Notice of Pre-AIA or AIA Status
The present application, filed on or after March 16, 2013, is being examined under the first inventor to file provisions of the AIA .
Claims 1-21 are cancelled. Claims 22-28 are pending and under examination.
Election/Restrictions
Applicant’s election without traverse of Group II claims 22-28 in the reply filed on 3/3/2026 is acknowledged.
Claims 13-21 Group I is withdrawn from further consideration pursuant to 37 CFR 1.142(b) as being drawn to a nonelected invention, there being no allowable generic or linking claim. Election was made without traverse in the reply filed on 3/3/2026.
Information Disclosure Statement
The information disclosure statements filed 12/24/2024, 6/5/2025 and 3/3/2026 have been considered and initialed copies are enclosed.
Claim Rejections - 35 USC § 102
In the event the determination of the status of the application as subject to AIA 35 U.S.C. 102 and 103 (or as subject to pre-AIA 35 U.S.C. 102 and 103) is incorrect, any correction of the statutory basis (i.e., changing from AIA to pre-AIA ) for the rejection will not be considered a new ground of rejection if the prior art relied upon, and the rationale supporting the rejection, would be the same under either status.
The following is a quotation of the appropriate paragraphs of 35 U.S.C. 102 that form the basis for the rejections under this section made in this Office action:
A person shall be entitled to a patent unless –
(a)(1) the claimed invention was patented, described in a printed publication, or in public use, on sale, or otherwise available to the public before the effective filing date of the claimed invention.
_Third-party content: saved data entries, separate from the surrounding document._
-- ===== src/Handlers/Tests.antt =====
-- Requests to a server whose tables hold one row or none.
use fileagent_server.Base.{
  ◌≡◌, ◌∙◌, ◌⊎◌, sym, refl, Bool, true, false, List, [], ◌∷◌, ◌++◌, some, none, if◌then◌else◌,
}
use fileagent_server.Base.Assoc.{lookup, insert}
use fileagent_server.Base.Bytes.{Bytes, codes, c_str, bytes_key}
use fileagent_server.Base.Int.{ℤ, pos, int_key}
use fileagent_server.Base.Number.{to_string, skip_spaces, stoll}
use fileagent_server.Base.Outcome.{returned}
use fileagent_server.CacheInterface.{CacheInterface}
use fileagent_server.CacheInterface.Lru.{lru_cache, lru_cache-IsLawful, create-IsValid}
use fileagent_server.Dao.Logout.{DeletesSessions}
use fileagent_server.Dao.Rows.{make_session_record}
use fileagent_server.Dao.Sessions
use fileagent_server.Dao.Sessions.{find_session}
use fileagent_server.Database.{Mysql, Row, query, next, value, first_row, run_update, update}
use fileagent_server.FastCgiServer.{
  HttpRequest, get_header, find_route, register_handler, match_path, match_segments, segments_of,
  non_empty, pieces, is_param, param_name,
}
use fileagent_server.LruCache
use fileagent_server.Models.{FileRecord, SessionRecord, failed}
use fileagent_server.RateLimiter
use fileagent_server.Responses.{new_response, respond}
use fileagent_server.Storage.{Backend}
use fileagent_server.Handlers.{
  Json, Parts, World, session_store, token_of, authenticate_request, unauthorized,
  make_json_response,
}
use fileagent_server.Handlers.Access.{list_files, delete, handle, Anonymous, SameData}
use fileagent_server.Handlers.Served.{Outside, as_protected, served, respond-served}
use fileagent_server.Routes
use fileagent_server.Routes.{routes}
use fileagent_server.Handlers.Files.{handle_logout, handle_download, handle_delete}
use fileagent_server.Handlers.Logout.{handle-handle_logout}
use fileagent_server.Handlers.Owners.{Refused, IsOwner, handlers-Refused}

abbrev pub row : Row
row =
    some (codes "1")
    ∷ some (codes "7")
    ∷ some (codes "ab")
    ∷ some (codes "12")
    ∷ some (codes "4")
    ∷ some (codes "uploads/12/12")
    ∷ some (codes "1")
    ∷ []

-- Each table holds the row or nothing; any statement but a query empties them.
abbrev pub db : Mysql Bool
db = record {
  connected = λ st. true;
  real_escape_string = λ s. s;
  select = λ sql st. some (if st then row ∷ [] else []);
  execute = λ sql st. (true, false);
}

-- A disk that is there or not, with one content for every name.
abbrev pub backend : Backend Bool
backend = record {
  exists = λ path d. d;
  create_directories = λ path d. (true, true);
  read = λ path d. if d then some (codes "text") else none;
  write = λ path content d. (true, true);
  remove = λ path d. (true, false);
  fastdfs = false;
  upload = λ content filename d. (none, d);
  download = λ path d. none;
  delete = λ path d. (false, d);
}

abbrev joined : List Bytes → Bytes
joined [] = []
joined (s ∷ ss) = s ++ joined ss

abbrev fields : List (Bytes × Bytes) → Bytes
fields [] = []
fields ((key, s) ∷ ss) = key ++ (codes ":" ++ (s ++ (codes ";" ++ fields ss)))

-- Values that are their own text.
abbrev pub json : Json Bytes
json = record {
  parse = λ s. some s;
  dump = λ j. j;
  is_utf8 = λ j. true;
  lacks = λ key j. false;
  text = λ s. s;
  number = λ i. to_string i;
  flag = λ b. if b then codes "true" else codes "false";
  array = λ js. joined js;
  object = λ js. fields js;
  get_text = λ key j. some j;
  get_int64 = λ key j. none;
  get_int = λ key j. none;
  get_flag = λ key j. none;
}

abbrev pub sessions : CacheInterface Bytes SessionRecord
sessions = lru_cache

abbrev pub ids : CacheInterface ℤ FileRecord
ids = lru_cache

abbrev pub hashes : CacheInterface Bytes FileRecord
hashes = lru_cache

abbrev ann : Row
ann =
    some (codes "7")
    ∷ some (codes "ann")
    ∷ some (codes "$2b$10$aaaaaaaaaaaaaaaaaaaaaa")
    ∷ some (codes "a@b")
    ∷ some (codes "1")
    ∷ some (codes "0")
    ∷ some (codes "2024")
    ∷ some (codes "2024")
    ∷ []

abbrev pub parts : Parts Bool Bool Bytes
parts = record {
  db = db;
  backend = backend;
  json = json;
  sessions = sessions;
  by_id = ids;
  by_hash = hashes;
  data_path = [];
  prepared = λ sql name st. if st then some ann else none;
  crypt = λ secret salt. some salt;
}

abbrev cold : World parts
cold = record {
  server = true;
  disk = true;
  limiter = RateLimiter.create (pos 10) 60;
  uploads = [];
  sessions = LruCache.create 2;
  by_id = LruCache.create 2;
  by_hash = LruCache.create 2;
}

abbrev pub anonymous : HttpRequest
anonymous = record {
  method = codes "DELETE";
  path = codes "/api/files/1";
  params = (codes "fileId", codes "1") ∷ [];
  queries = [];
  headers = [];
  body = [];
}

abbrev pub request : HttpRequest
request = record anonymous { headers = (codes "Authorization", codes "Bearer ab") ∷ [] }

no_token : token_of parts anonymous ≡ none
unfolding token_of get_header lookup
no_token = refl

anonymous-Anonymous : Anonymous parts anonymous cold
anonymous-Anonymous key h = absurd (cc (sym no_token ∙ h))

served_delete :
    find_route anonymous.method anonymous.path routes
    ≡ some (Routes.delete, (codes "fileId", codes "1") ∷ [])
unfolding find_route routes register_handler match_path match_segments segments_of non_empty pieces
    is_param param_name insert
served_delete = refl

abbrev outside : Outside
outside = record {
  random = [];
  hours_from_now = λ hours. [];
  upload_id = [];
  now = 0;
  chat = λ prompt. failed [];
  analyze = λ text instruction. failed [];
  initialized = false;
  agent = λ message user_id. [];
}

delete_is_protected : as_protected outside Routes.delete ≡ some delete
unfolding as_protected
delete_is_protected = refl

respond-served_example :
    ((respond (served parts outside (λ h req resp w. (none, w))) anonymous cold).0
      ≡ unauthorized parts new_response)
    × SameData parts cold
        (respond (served parts outside (λ h req resp w. (none, w))) anonymous cold).1
respond-served_example =
    respond-served parts outside (λ h req resp w. (none, w)) anonymous cold Routes.delete delete
      ((codes "fileId", codes "1") ∷ []) served_delete delete_is_protected anonymous-Anonymous

db-DeletesSessions : DeletesSessions db
db-DeletesSessions key st h = refl

has_token : token_of parts request ≡ some (codes "ab")
unfolding token_of get_header lookup
has_token = refl

known : (authenticate_request parts request cold).0 ≡ returned (pos 7)
unfolding authenticate_request token_of get_header lookup Sessions.find_by_token LruCache.get
    LruCache.create find_session first_row query next value make_session_record c_str stoll
    skip_spaces
known = refl

deleted :
    (Sessions.delete_by_token db sessions
      (codes "ab")
      (session_store parts (authenticate_request parts request cold).1)).0
    ≡ true
unfolding Sessions.delete_by_token run_update update
deleted = refl

handle-handle_logout_example :
    ((handle_logout parts request new_response cold).0
      ≡ returned (make_json_response parts (pos 0) (codes "logout success") new_response))
    × ((handle parts list_files request new_response
          (handle_logout parts request new_response cold).1).0
        ≡ returned (unauthorized parts new_response))
handle-handle_logout_example =
    handle-handle_logout parts lru_cache-IsLawful db-DeletesSessions list_files request request
      new_response new_response (codes "ab") (pos 7) cold (create-IsValid 2).0 has_token has_token
      known refl deleted

handlers-Refused_example :
    (Refused parts new_response cold (handle_download parts anonymous new_response cold)
      ⊎ IsOwner parts anonymous cold)
    × (Refused parts new_response cold (handle_delete parts anonymous new_response cold)
        ⊎ IsOwner parts anonymous cold)
handlers-Refused_example = handlers-Refused parts anonymous new_response cold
Claim(s) 22-26 is/are rejected under 35 U.S.C. 102(a)(1) as being anticipated by Seele et al. WO 2015/181356 12/3/2015 cited in IDS.
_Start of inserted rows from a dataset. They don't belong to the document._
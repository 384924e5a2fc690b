-- ===== src/Handlers/Copies/Tests.antt =====
-- A user saves the file that another user shares.
use fileagent_server.Base.{
  ◌≡◌, ◌∙◌, sym, refl, Bool, true, [], ◌∷◌, some, none, if◌then◌else◌, ◌==◌, ℕ,
}
use fileagent_server.Base.Assoc.{lookup, insert, erase}
use fileagent_server.Base.Bytes.{Bytes, codes, c_str, bytes_key}
use fileagent_server.Base.Int.{pos, int_key}
use fileagent_server.Base.Number.{to_string, skip_spaces, stoi, stoll, decimal, digits_of}
use fileagent_server.Base.Outcome.{returned}
use fileagent_server.CacheInterface.Lru.{lru_cache-IsLawful, create-IsValid}
use fileagent_server.Dao.Files.{find_by_id, find_by_hash, by_hash_sql}
use fileagent_server.Dao.Rows.{make_session_record, make_share_record, make_file_record}
use fileagent_server.Dao.Sessions
use fileagent_server.Dao.Sessions.{find_session}
use fileagent_server.Dao.Shares
use fileagent_server.Database.{Mysql, Row, query, next, value, first_row, escape}
use fileagent_server.FastCgiServer.{HttpRequest, get_header, get_param}
use fileagent_server.FileService
use fileagent_server.FileService.{normalized, validate_record}
use fileagent_server.Hash.{char_at}
use fileagent_server.LruCache
use fileagent_server.RateLimiter
use fileagent_server.Responses.{new_response}
use fileagent_server.StringUtil.{trim_copy, trim_end}
use fileagent_server.Handlers.{Parts, World, dumped, token_of, authenticate_request, require_auth}
use fileagent_server.Handlers.Copies.{HasHashes, Coherent, handle_share_save-server}
use fileagent_server.Handlers.Shares.{handle_share_save}
use fileagent_server.Handlers.Tests.{db, parts, request}

-- A session of the user 7.
abbrev session_row : Row
session_row =
    some (codes "1")
    ∷ some (codes "7")
    ∷ some (codes "ab")
    ∷ some (codes "2025")
    ∷ some (codes "2024")
    ∷ []

-- The user 8 shares the file 1, and has it.
abbrev share_row : Row
share_row =
    some (codes "1")
    ∷ some (codes "1")
    ∷ some (codes "8")
    ∷ some (codes "cd")
    ∷ none
    ∷ some (codes "2024")
    ∷ []

abbrev file_row : Row
file_row =
    some (codes "1")
    ∷ some (codes "8")
    ∷ some (codes "a.txt")
    ∷ some (codes "ab12")
    ∷ some (codes "4")
    ∷ some (codes "uploads/ab/ab12")
    ∷ some (codes "1")
    ∷ none
    ∷ none
    ∷ some (codes "2024")
    ∷ []

-- The third column of a query tells the table: `session_token`, `user_id` of a share, or `filename`.
abbrev row_of : ℕ → Row
row_of c = if c == 115 then session_row else if c == 117 then share_row else file_row

-- Each table holds its row; any statement but a query empties them.
abbrev tables : Mysql Bool
tables = record db { select = λ sql st. some (if st then row_of (char_at 20 sql) ∷ [] else []) }

abbrev sharing : Parts Bool Bool Bytes
sharing = record parts { db = tables }

abbrev cold : World sharing
cold = record {
  server = true;
  disk = true;
  limiter = RateLimiter.create (pos 10) 60;
  uploads = [];
  sessions = LruCache.create 2;
  by_id = LruCache.create 2;
  by_hash = LruCache.create 2;
}

abbrev save_request : HttpRequest
save_request = record request { params = (codes "token", codes "cd") ∷ [] }

-- The save goes all the way to `createFile`, which gives the row of the other user as the copy.
saved_file :
    (handle_share_save sharing save_request new_response cold).0
    ≡ returned (
        dumped sharing
          ((codes "code", codes "0")
            ∷ (codes "message", codes "file saved successfully")
            ∷ (codes "file_id", codes "1")
            ∷ [])
          new_response)
unfolding handle_share_save require_auth authenticate_request token_of get_header get_param lookup
    Sessions.find_by_token find_session Shares.find_by_token Shares.by_token_sql LruCache.get
    LruCache.put LruCache.create FileService.get_file_by_id FileService.get_file_by_hash
    FileService.create normalized validate_record find_by_id find_by_hash by_hash_sql first_row
    query next value escape make_session_record make_share_record make_file_record c_str stoi stoll
    skip_spaces trim_copy trim_end char_at to_string decimal digits_of insert erase
    Sessions.by_token_sql
saved_file = refl

-- A file is found by every hash.
tables-HasHashes : HasHashes tables
unfolding find_by_id find_by_hash by_hash_sql first_row query c_str char_at
tables-HasHashes id r st h = (r, h)

cold-Coherent : Coherent sharing lru_cache-IsLawful lru_cache-IsLawful tables-HasHashes cold
cold-Coherent = record {
  id_IsValid = (create-IsValid 2).0;
  hash_IsValid = (create-IsValid 2).0;
  same_by_id = λ id r h. absurd (cc (sym ((create-IsValid 2).1 id) ∙ h));
  same_by_hash = λ hash r h. absurd (cc (sym ((create-IsValid 2).1 hash) ∙ h));
}

handle_share_save-server_example :
    (handle_share_save sharing save_request new_response cold).1.server ≡ true
handle_share_save-server_example =
    handle_share_save-server sharing lru_cache-IsLawful lru_cache-IsLawful tables-HasHashes
      save_request new_response cold cold-Coherent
Seele et al disclose a method of manufacturing a vaccine for protecting pigs against a pathogenic infection with Streptococcus suis comprising combining a whole IgM protease antigen called IdeSsuis (see abstract) of serotype 7 or serotype 1 Streptococcus suis with a pharmaceutically acceptable carrier, wherein the antigen comprises in its amino acid sequence less than 4 repeats. See p. 2 3rd paragraph and p. 3.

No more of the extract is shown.